Alcohol you are my downfall.
Usually when someone eats some food but gets sick for whatever reason and vomits it back up, they grow an aversion to that food. I don't know how many times I've puked up my alcohol, but I still love it all the same. Now that's love right there, the only problem is alcohol doesn't love me back. As you can see from link of my blog, i am a mexichink. Meaning, I am half mexican, half chink. But when it comes to drinking my last name might as well be Chang, or Quan, or- well i think that's all of them right there. But let me tell you what happens when i drink.
I take a swiggy. I feel the back of my ears get kind of hot. Holy shit as a matter of fact, my entire face is getting kind of hot. Someone comes up to me and says, "hey greg, why are you turning red?". I respond, "Because i'm asian, fuckoff". 15 minutes later the same person comes back and says, "Holy shit greg you're even redder than before". I respond, "yes, i'm asian, fuckoff". Now i'm feeling so self-conscious about being all tomato faced I don't even want to be seen, yet alot spit at some fine dimes. And I know what you're thinking. You're thinking "holy shit this dude is mexican asian but he just said "spit at some fine dimes"". Mmmhmm. And I know what else you're thinking. You're thinking, "cry me a fucking river build a bridge and get over it". BUT YOU DON"T UNDERSTAND. My redness when I drink it one of a kind. I can stop a train with my redness. I bet if i walked into a room with the lights on, everybody would come to a hush and stare at me, just like in my dreams but instead I'm naked in those. And its funny because sex scenes was just talking today about how people have the tendancy to embellish the truth in their blogs. If anything, what I speak of is an understatement.

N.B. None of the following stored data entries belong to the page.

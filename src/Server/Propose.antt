-- ===== src/Server/Propose.antt =====
-- What `Propose` of a node does (server/server.go, server/committer.go), alone and before `Commit`.
use committer.Prelude.{String, ◌≡◌, true, false, some, [], arith, ◌<◌, ◌≤◌, u64_succ}
use committer.Proto.{ack, nack, ProposeRequest, CommitRequest, Reply, answer, Bytes}
use committer.Cache.{Msg, get-set}
use committer.Cache
use committer.Database.{Database, DatabaseLaws, ok}
use committer.Server.Node.{set_progress}
use committer.Server.Handlers.{Node, propose_handler, propose, commit, get}
use committer.Server.Commit.{Stored, commit-Stored}

module _ (database : Database) where
  abbrev pub cached : ProposeRequest → Node database → Node database
  cached req s = record s { node_cache = Cache.set s.node_cache req.index req.key req.value }

  -- An acknowledgement says that the hook consents, that the index is not below the height, and
  -- that the message is cached; nothing else of the node has changed but the progress flag.
  pub propose-acked :
      (s : Node database) (req : ProposeRequest)
      → (propose database s req).0 ≡ answer ack req.index
      → (s.propose_hook req ≡ true)
        × (s.height ≤ req.index)
        × ((propose database s req).1 ≡ cached req (set_progress req.index false s))
  unfolding propose propose_handler
  propose-acked s req h = ground arith

  pub propose_acks :
      (s : Node database) (req : ProposeRequest)
      → s.propose_hook req ≡ true
      → s.height ≤ req.index
      → propose database s req ≡ (answer ack req.index, cached req (set_progress req.index false s))
  unfolding propose propose_handler set_progress
  propose_acks s req h le = ground arith

  -- Below the height of the node a proposal is refused, with that height.
  pub propose_stale :
      (s : Node database) (req : ProposeRequest)
      → req.index < s.height
      → (propose database s req).0 ≡ answer nack s.height
  unfolding propose propose_handler set_progress
  propose_stale s req h = ground arith

  pub propose_refused :
      (s : Node database) (req : ProposeRequest)
      → s.propose_hook req ≡ false
      → s.height ≤ req.index
      → propose database s req ≡ (answer nack req.index, set_progress req.index false s)
  unfolding propose propose_handler set_progress
  propose_refused s req h le = ground arith

  pub get-cached :
      (s : Node database) (req : ProposeRequest)
      → Cache.get (cached req s).node_cache req.index
        ≡ some (record { key = req.key; value = req.value })
  get-cached s req = rw get-set (ground arith)

  pub get-Stored :
      (laws : DatabaseLaws database) (s : Node database) (k : String) (v : Bytes)
      (d : database.State) (p : Reply × Node database)
      → Stored database s d p
      → database.put s.db k v ≡ ok d
      → get database p.1 k ≡ ok v
  unfolding get
  get-Stored laws s k v d p done put = rw done.stored (laws.get-put s.db d k v put)

  -- Over a database that reads back what it wrote: a proposal that is acknowledged and then
  -- committed at its index, by a hook that consents and a write that succeeds, can be read back:
  -- under its key stands its value. The height has risen by one (mod 2^64).
  pub get-commit-propose :
      (laws : DatabaseLaws database) (s : Node database) (req : ProposeRequest) (c : CommitRequest)
      (d : database.State)
      → (propose database s req).0 ≡ answer ack req.index
      → c.index ≡ req.index
      → s.commit_hook c ≡ true
      → database.put s.db req.key req.value ≡ ok d
      → let t = (commit database (some []) (propose database s req).1 c).1 in
        (get database t req.key ≡ ok req.value) × (t.height ≡ u64_succ s.height)
  unfolding set_progress
  get-commit-propose laws s req c d acked same vote put =
      let state = (propose-acked s req acked).2 in
      let t = cached req (set_progress req.index false s) in
      let done =
        commit-Stored database t c (record { key = req.key; value = req.value }) d vote
          (rw same (get-cached (set_progress req.index false s) req)) put in
      rw state (get-Stored laws t req.key req.value d _ done put, done.raised)
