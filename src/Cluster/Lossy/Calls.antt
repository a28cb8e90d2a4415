-- ===== src/Cluster/Lossy/Calls.antt =====
-- Calls between a coordinator and followers that consent, over a network that loses some of them
-- (server/server.go, peer/peer.go).
use committer.Prelude.{
  ℕ, ◌≡◌, ◌⊎◌, inl, inr, ◌≤◌, refl, sym, ap, subst, true, false, String, some, List, [], ◌∷◌,
  Bool-cases,
}
use committer.Config.{includes}
use committer.Proto.{
  Entry, ProposeRequest, CommitRequest, PrecommitRequest, ack, answer, fails, unavailable,
}
use committer.Cache.{Msg, get-set}
use committer.Cache
use committer.Database.{Database}
use committer.Server.Node.{set_progress, is_three_phase}
use committer.Server.Handlers.{Node, propose, precommit}
use committer.Server.Propose.{cached, propose_acks, get-cached}
use committer.Server.Interceptor.{host, white_list_checker}
use committer.Cluster.{
  Session, Fate, delivered, request_lost, reply_lost, next_fate, later_fates, Handler, call,
  deliver, client_side,
}

-- A call that fails, whether or not its handler ran.
abbrev pub IsLost : Fate → Type 0
IsLost x = (x ≡ request_lost) ⊎ (x ≡ reply_lost)

module _ (database : Database) where
  -- A coordinator at the height `h`, seen under the host `a`, whose context does not expire and whose
  -- calls go as `net` says.
  pub record Calm (a : String) (h : ℕ) (net : List Fate) (s : Session database) : Type 0 where
    pub in_time : s.expired ≡ false
    pub seen : s.seen_as ≡ host a
    pub level : s.self.height ≡ h
    pub coming : s.net ≡ net

  -- A follower that consents, lists the host `a` and is not above the height `h`.
  pub record Willing (a : String) (h : ℕ) (n : Node database) : Type 0 where
    pub proposes : (req : ProposeRequest) → n.propose_hook req ≡ true
    pub commits : (req : CommitRequest) → n.commit_hook req ≡ true
    pub listed : includes n.config.whitelist a ≡ true
    pub low : n.height ≤ h

  -- The entry is cached at the height `h`.
  abbrev pub Holds : ℕ → Entry → Node database → Type 0
  Holds h e n = Cache.get n.node_cache h ≡ some (record { key = e.key; value = e.value })

  abbrev pub later : Session database → Session database
  later s = record s { net = later_fates s.net }

  pub later-Calm :
      (a : String) (h : ℕ) (x : Fate) (net : List Fate) (s : Session database)
      → Calm a h (x ∷ net) s
      → Calm a h net (later s)
  later-Calm a h x net s c = record {
    in_time = c.in_time;
    seen = c.seen;
    level = c.level;
    coming = ap later_fates c.coming;
  }

  pub later-Calm_nil :
      (a : String) (h : ℕ) (s : Session database) → Calm a h [] s → Calm a h [] (later s)
  later-Calm_nil a h s c = record {
    in_time = c.in_time;
    seen = c.seen;
    level = c.level;
    coming = ap later_fates c.coming;
  }

  -- A call that is delivered and one that is lost.
  pub call-delivered :
      (a : String) (h : ℕ) (net : List Fate) (s : Session database) (f : Node database)
      (handler : Handler database)
      → Calm a h net s
      → Willing a h f
      → next_fate net ≡ delivered
      → call database s f handler ≡ (client_side (handler f).0, later s, (handler f).1)
  unfolding call deliver white_list_checker
  call-delivered a h net s f handler c w next =
      rw (c.in_time, c.coming, next, c.seen, w.listed) refl

  pub call-lost :
      (a : String) (h : ℕ) (x : Fate) (net : List Fate) (s : Session database) (f : Node database)
      (handler : Handler database)
      → Calm a h (x ∷ net) s
      → Willing a h f
      → IsLost x
      → (call database s f handler ≡ (fails unavailable, later s, f))
        ⊎ (call database s f handler ≡ (fails unavailable, later s, (handler f).1))
  unfolding call deliver white_list_checker
  call-lost a h x net s f handler c w (inl lost) = inl (rw (c.in_time, c.coming, lost) refl)
  call-lost a h x net s f handler c w (inr lost) =
      inr (rw (c.in_time, c.coming, lost, c.seen, w.listed) refl)

  -- What a proposal at the height does to a willing follower.
  pub propose-Willing :
      (a : String) (h : ℕ) (n : Node database) (req : ProposeRequest)
      → Willing a h n
      → req.index ≡ h
      → let p = propose database n req in
        (p.0 ≡ answer ack h)
        × Willing a h p.1
        × Holds h (record { key = req.key; value = req.value }) p.1
  unfolding set_progress
  propose-Willing a h n req w at =
      let run =
        propose_acks database n req (w.proposes req) (subst (λ i. n.height ≤ i) (sym at) w.low) in
      let t = cached database req (set_progress req.index false n) in
      let kept = get-cached database (set_progress req.index false n) req in
      rw run (
        ap (answer ack) at,
        record { proposes = w.proposes; commits = w.commits; listed = w.listed; low = w.low },
        subst (λ i. Cache.get t.node_cache i ≡ some (record { key = req.key; value = req.value }))
            at kept,
      )

  pub precommit-Willing :
      (a : String) (h : ℕ) (e : Entry) (n : Node database) (req : PrecommitRequest)
      → Willing a h n
      → Holds h e n
      → let p = precommit database n req in (p.0 ≡ answer ack 0) × Willing a h p.1 × Holds h e p.1
  unfolding precommit
  precommit-Willing a h e n req w held = elim (Bool-cases (is_three_phase n.config)) [
    | inr two ↦ rw (two, precommit) (refl, w, held)
    | inl three ↦
        rw (three, precommit)
          (
            refl,
            record { proposes = w.proposes; commits = w.commits; listed = w.listed; low = w.low },
            held,
          )
  ]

So why do i still drink? Selfish reasons of course. There's always those times where i just don't give a shit about how I look. And then there's those times where i wanna drink but i do care about how i look, so i gotta drink myself retarded to the point where i don't care anymore. And that's always fun but slightly unproductive because that's alot of booze. And I can't handle alot of booze. I tend to vomit. And then i gotta clean my shoes off the day after. And if I was really hacking it, I gotta clean my pants off too before they hit the washer. Either that or tell my mom i spilled some soup on them the night before. Because she still does the laundry for me. I'm 19 btw.